Uludere’de (Roboski) Anaların Gözyaşı Dinmedi
Bundan tam 2 yıl önce 28 Aralık 2011 tarihinde Şırnak’ın Uludere ilçesi Roboski Köyü yakınlarından gelen acı haberde 34 vatandaşımızın uçaklarla vurulduğu haberi ülkemizin gündemine bomba gibi düşmüştü.
Haber kanallarında ölenlerin cesetlerinin battaniyelere sarılı, katır sırtında parçalanmış görüntüleri her vicdan sahibi gibi bizlerinde içini sızlatmıştı. Ölenlerin görüntülerinden ne kadar gariban, fakir, çaresiz olduklarını hissedebiliyorduk, aslında bu işin daha acı boyutuydu.
Kim ister ki, karın tokluğuna gecenin dondurucu soğuğunda ailesiyle helalleşerek evinden çıkarak dağ, tepe aşarak mayınlı bölgelerden canının pahasına bir çanta mazot, birkaç kilo şeker, bir paket çay ve sigarayı katırların sırtında kaçak yollarla sınırı aşarak rızkını kazanmak... Malesef bu insanların ekmek kapısı olmuştu. İnsan gibi yaşamak varken, kim isterki hayatını kaçak yollarla kazanmayı, yaşı henüz 13-14 olan çocukların ölmesi ise olayın bir başka vahim boyutuydu.
İnsanlar çaresizlikten dağ başında, soğuğun altında, bombalara hedef olarak hayatlarını kaybederken; televizyonlarda çok bilmiş entel, ukala, vicdan yoksunu bazı yorumcular onların ne işi var orada, aslında ölenlerin hepsi terördür, silahlı eğitimden geliyorlar, aslında hepsi de ölümü hak etti diye saçma sapan her zamanki gibi ölen garibanların üzerinden pervazsızca açıklamaları hayretler içinde izliyorduk.
Başkalarının parçalanmış cesetlerinin hikayesini konuşmak ne kadar da kolay, orada ölen insanların suçu neydi acaba!

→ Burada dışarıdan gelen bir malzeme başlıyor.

-- ===== src/Cluster/Race/Commits.antt =====
-- A commit of src/cluster.c is two steps of the race: `td_commit_slot_at` on regions that every session
-- reaches.
use tee_dist.Base.{
  ℕ, ◌<◌, ◌≡◌, refl, sym, ap, ◌∙◌, arith, Option, none, some, length, set, length-set, add64,
}
use tee_dist.Region.{
  RegionKind, Slot, Region, body_start, body_bytes, slot_offset_for_index, write_bytes, cas64,
}
use tee_dist.Cluster.Monad.{Cluster, Result, ok, session_header, required_result, required}
use tee_dist.Cluster.Local.{World, node, no_region, local, put_region, put_swapped, get_or-set_self}
use tee_dist.Cluster.Commit.{commit_slot_at}
use tee_dist.Cluster.Landing.{bind_ok}
use tee_dist.Cluster.Race.{found, stored, Shared, update, outcome, Step, store, swap}
use tee_dist.Cluster.Race.Winners.{update_self}

ok_injective : {A : Type 0} (a b : A) → Path (Result A) (ok a) (ok b) → a ≡ b
ok_injective a b h = cc

-- A write of the body that succeeds.
put_region_ok :
    (session : ℕ) (w w' : World) (o : Option Region) (u : Unit {0})
    → required_result (put_region session w o) ≡ (ok u, w')
    → (r : Region) × (o ≡ some r) × (w' ≡ set w session r)
unfolding put_region
put_region_ok session w w' none u h = absurd cc
put_region_ok session w w' (some r) u h = (r, refl, ap (λ x. x.1) (sym h))

-- A compare-and-swap that succeeds.
put_swapped_ok :
    (session observed : ℕ) (w w' : World) (o : Option (ℕ × Region))
    → required_result (put_swapped session w o) ≡ (ok observed, w')
    → (r : Region) × (o ≡ some (observed, r)) × (w' ≡ set w session r)
unfolding put_swapped
put_swapped_ok session observed w w' none h = absurd cc
put_swapped_ok session observed w w' (some (saw, r)) h =
    (r, ap (λ x. some (x, r)) (ok_injective saw observed (ap (λ x. x.0) h)), ap (λ x. x.1) (sym h))

-- The two accesses, as steps of client `i`.
two_steps :
    (off session : ℕ) (proposals : ℕ → ℕ → Slot) (s : Shared) (i e observed : ℕ) (w w₁ w' : World)
    (r₁ r₂ : Region)
    → session < length w
    → s.region ≡ node w session
    → s.pc i ≡ found e
    → write_bytes (node w session) (add64 off body_start) (body_bytes (proposals i e)) ≡ some r₁
    → w₁ ≡ set w session r₁
    → cas64 (node w₁ session) off e (proposals i e).visible_epoch ≡ some (observed, r₂)
    → w' ≡ set w₁ session r₂
    → (m : Shared) × (t : Shared) × Step off proposals s m
      × Step off proposals m t
      × (t.region ≡ node w' session)
      × (t.pc i ≡ outcome observed e)
two_steps off session proposals s i e observed w w₁ w' r₁ r₂ there same has writes now₁ swaps now₂ =
    let m : Shared = record { region = r₁; pc = update s.pc i (stored e) } in
    let at₁ : node w₁ session ≡ r₁ =
      ap (λ v. node v session) now₁ ∙ get_or-set_self w session r₁ no_region there in
    let there₁ : session < length w₁ = omega (arith, ap length now₁, length-set w session r₁) in
    let at₂ : node w' session ≡ r₂ =
      ap (λ v. node v session) now₂ ∙ get_or-set_self w₁ session r₂ no_region there₁ in
    (
      m,
      record { region = r₂; pc = update m.pc i (outcome observed e) },
      store s i e r₁ has (
          ap (λ r. write_bytes r (add64 off body_start) (body_bytes (proposals i e))) same
          ∙ writes),
      swap m i e observed r₂ (update_self s.pc i (stored e))
          (ap (λ r. cas64 r off e (proposals i e).visible_epoch) (sym at₁) ∙ swaps),
      sym at₂,
      update_self m.pc i (outcome observed e),
    )

-- If a client has found an epoch of a slot and its commit to the slot, with no access of another client in
-- between, succeeds, then the commit is two steps of the race, the write of the body and the
-- compare-and-swap, and the client knows that it won or lost by the word that the commit observes.
pub commit_slot_at-Step :
    (c : Cluster) (session : ℕ) (kind : RegionKind) (j : ℕ) (proposals : ℕ → ℕ → Slot) (s : Shared)
    (i e observed : ℕ) (w w' : World)
    → session < length w
    → s.region ≡ node w session
    → s.pc i ≡ found e
    → commit_slot_at local c session kind j (proposals i e) e w ≡ (ok observed, w')
    → (m : Shared) × (t : Shared) × Step
        (slot_offset_for_index (session_header c session) kind j)
        proposals
        s
        m
      × Step (slot_offset_for_index (session_header c session) kind j) proposals m t
      × (t.region ≡ node w' session)
      × (t.pc i ≡ outcome observed e)
unfolding commit_slot_at
commit_slot_at-Step c session kind j proposals s i e observed w w' there same has commits =
    let off = slot_offset_for_index (session_header c session) kind j in
    let (unit, w₁, wrote, rest) =
      bind_ok
        (required (local.write_region session (add64 off body_start) (body_bytes (proposals i e))))
        (λ u. required (local.cas64 session off e (proposals i e).visible_epoch)) w observed w'
        commits in
    let (r₁, writes, now₁) =
      put_region_ok session w w₁
        (write_bytes (node w session) (add64 off body_start) (body_bytes (proposals i e))) unit
        wrote in
    let (r₂, swaps, now₂) =
      put_swapped_ok session observed w₁ w'
        (cas64 (node w₁ session) off e (proposals i e).visible_epoch) rest in
    two_steps off session proposals s i e observed w w₁ w' r₁ r₂ there same has writes now₁ swaps
      now₂
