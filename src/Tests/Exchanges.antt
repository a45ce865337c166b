-- ===== src/Tests/Exchanges.antt =====
-- Exchanges with a Pico, on the scripted port.
use pywinhello.Serial.Link
use pywinhello.Monitor.Updates.Firmware.{apply_firmware_update, apply_firmware_update-sent}
use pywinhello.Prelude.{List, [], count, length, none, refl, some, true, ◌++◌, ◌+◌, ◌∷◌, ◌≡◌}
use pywinhello.Prelude.Result.{ok}
use pywinhello.Prelude.Text.{codes, has_char, is_space, starts_with, strip, text_eq}
use pywinhello.Prelude.Text.Split.{parse_int, split}
use pywinhello.Serial.Flasher.{
  check_version, flash_and_verify, flash_content, flash_firmware, push_image, push_or_report,
  remove_prefix, stream, verdict, verify,
}
use pywinhello.Serial.Flasher.Outcome.{flash_firmware-sent}
use pywinhello.Serial.Link.{answer, exchange, flash_begin, read_line, send, show, write_raw}
use pywinhello.Serial.Link.Session.{
  Frames, Request, exchanges, exchanges-sent, framed, inner_newlines, no_frames,
}
use pywinhello.Serial.Protocol.{
  Command, PingInfo, command_line, command_name, command_timeout, encode_command, parse_ping,
  parse_response, parse_stripped, utf8, utf8_char,
}
use pywinhello.Tests.Bench.{
  Bench, bench, bench-IsRecording, bench_protocol, bench_written, flash_bench, no_progress,
  text_hash, two_bytes,
}

-- A Pico that answers a PING.
abbrev ping_bench : Bench
ping_bench = record { written = []; replies = codes "PONG:rp2040,1.2.0" ∷ []; opened = 0 }

-- Two commands, the second with a payload.
abbrev two_requests : List Request
two_requests = (Command.ping, none) ∷ (Command.press, some (codes "A")) ∷ []

abbrev two_replies : Bench
two_replies = record {
  written = [];
  replies = codes "PONG:rp2040,1.2.0" ∷ codes "OK" ∷ [];
  opened = 0;
}

two_requests-Frames : Frames two_requests (codes "PING\nPRESS:A\n")
unfolding encode_command utf8 command_name utf8_char command_line
two_requests-Frames =
    framed Command.ping none ((Command.press, some (codes "A")) ∷ []) (codes "PING\n")
      (codes "PRESS:A\n") refl
      (framed Command.press (some (codes "A")) [] (codes "PRESS:A\n") [] refl no_frames)

exchanges-sent_example :
    ((exchanges bench bench_protocol two_requests two_replies).1.written ≡ codes "PING\nPRESS:A\n")
    × (count b'\n' (codes "PING\nPRESS:A\n") ≡ length two_requests + inner_newlines two_requests)
unfolding encode_command utf8 command_name utf8_char command_line send exchange answer
    parse_response parse_stripped strip is_space starts_with exchanges text_eq command_timeout
exchanges-sent_example =
    exchanges-sent bench bench_written bench-IsRecording bench_protocol two_requests
      (codes "PING\nPRESS:A\n") two_replies
      (parse_response (codes "PONG:rp2040,1.2.0") ∷ parse_response (codes "OK") ∷ [])
      two_requests-Frames refl

flash_firmware-sent_example :
    (flash_firmware bench text_hash bench_protocol no_progress
      (some (ok two_bytes))
      (some two_bytes)
      flash_bench).1.written
    ≡ codes "FLASH:2\n" ++ two_bytes
unfolding flash_firmware flash_content push_or_report push_image flash_begin send encode_command
    utf8 command_name utf8_char show exchange answer text_eq strip parse_response is_space
    starts_with remove_prefix stream verdict read_line write_raw command_line command_timeout
    parse_stripped
flash_firmware-sent_example =
    flash_firmware-sent bench bench_written bench-IsRecording text_hash bench_protocol no_progress
      (λ i n s. refl) two_bytes (codes "FLASH:2\n") refl (some two_bytes) flash_bench
      (record { success = true; size = 2; sha256 = two_bytes; error = none }) refl refl

apply_firmware_update-sent_example : (info : PingInfo) × (info.firmware_version ≡ codes "1.2.0")
unfolding flash_firmware flash_content push_or_report push_image flash_begin send encode_command
    utf8 command_name utf8_char show exchange answer text_eq strip parse_response is_space
    starts_with remove_prefix stream verdict read_line write_raw command_line command_timeout
    parse_stripped flash_and_verify check_version verify Link.ping parse_ping split has_char
    parse_int apply_firmware_update
apply_firmware_update-sent_example =
    let r =
      apply_firmware_update-sent bench bench_written bench-IsRecording text_hash bench_protocol
        no_progress (λ i n s. refl) two_bytes (codes "FLASH:2\n") refl two_bytes (codes "1.2.0")
        flash_bench refl in
    (r.1, r.5)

Köylerinde ya da ilçelerinde fabrika vardı da çalışmadılar mı, bu insanlar haytalarından çok mu memnundular! Maalesef oradaki insanların alın yazısının babadan-dededen kalma kaçak sınır ticareti yapmak yaşam tarzları olmuştu, çünkü yapabilecek başka iş ve imkanı da yoktu zaten.
Ülkemizde ne zamanki ekonomi iyileşse ve birlik beraberliğimiz perçinleşse derin çeteler devreye girerek, enteresan olaylarla karşılaşmamıza sebep oldular. Bu günlerde ise yeni peydahlanmış paralel devlet anlayışı, devletin bütün kılcal damarlarına girerek, ülkeyi karanlık günlerine geri getirme çabaları baş göstermiş durumda.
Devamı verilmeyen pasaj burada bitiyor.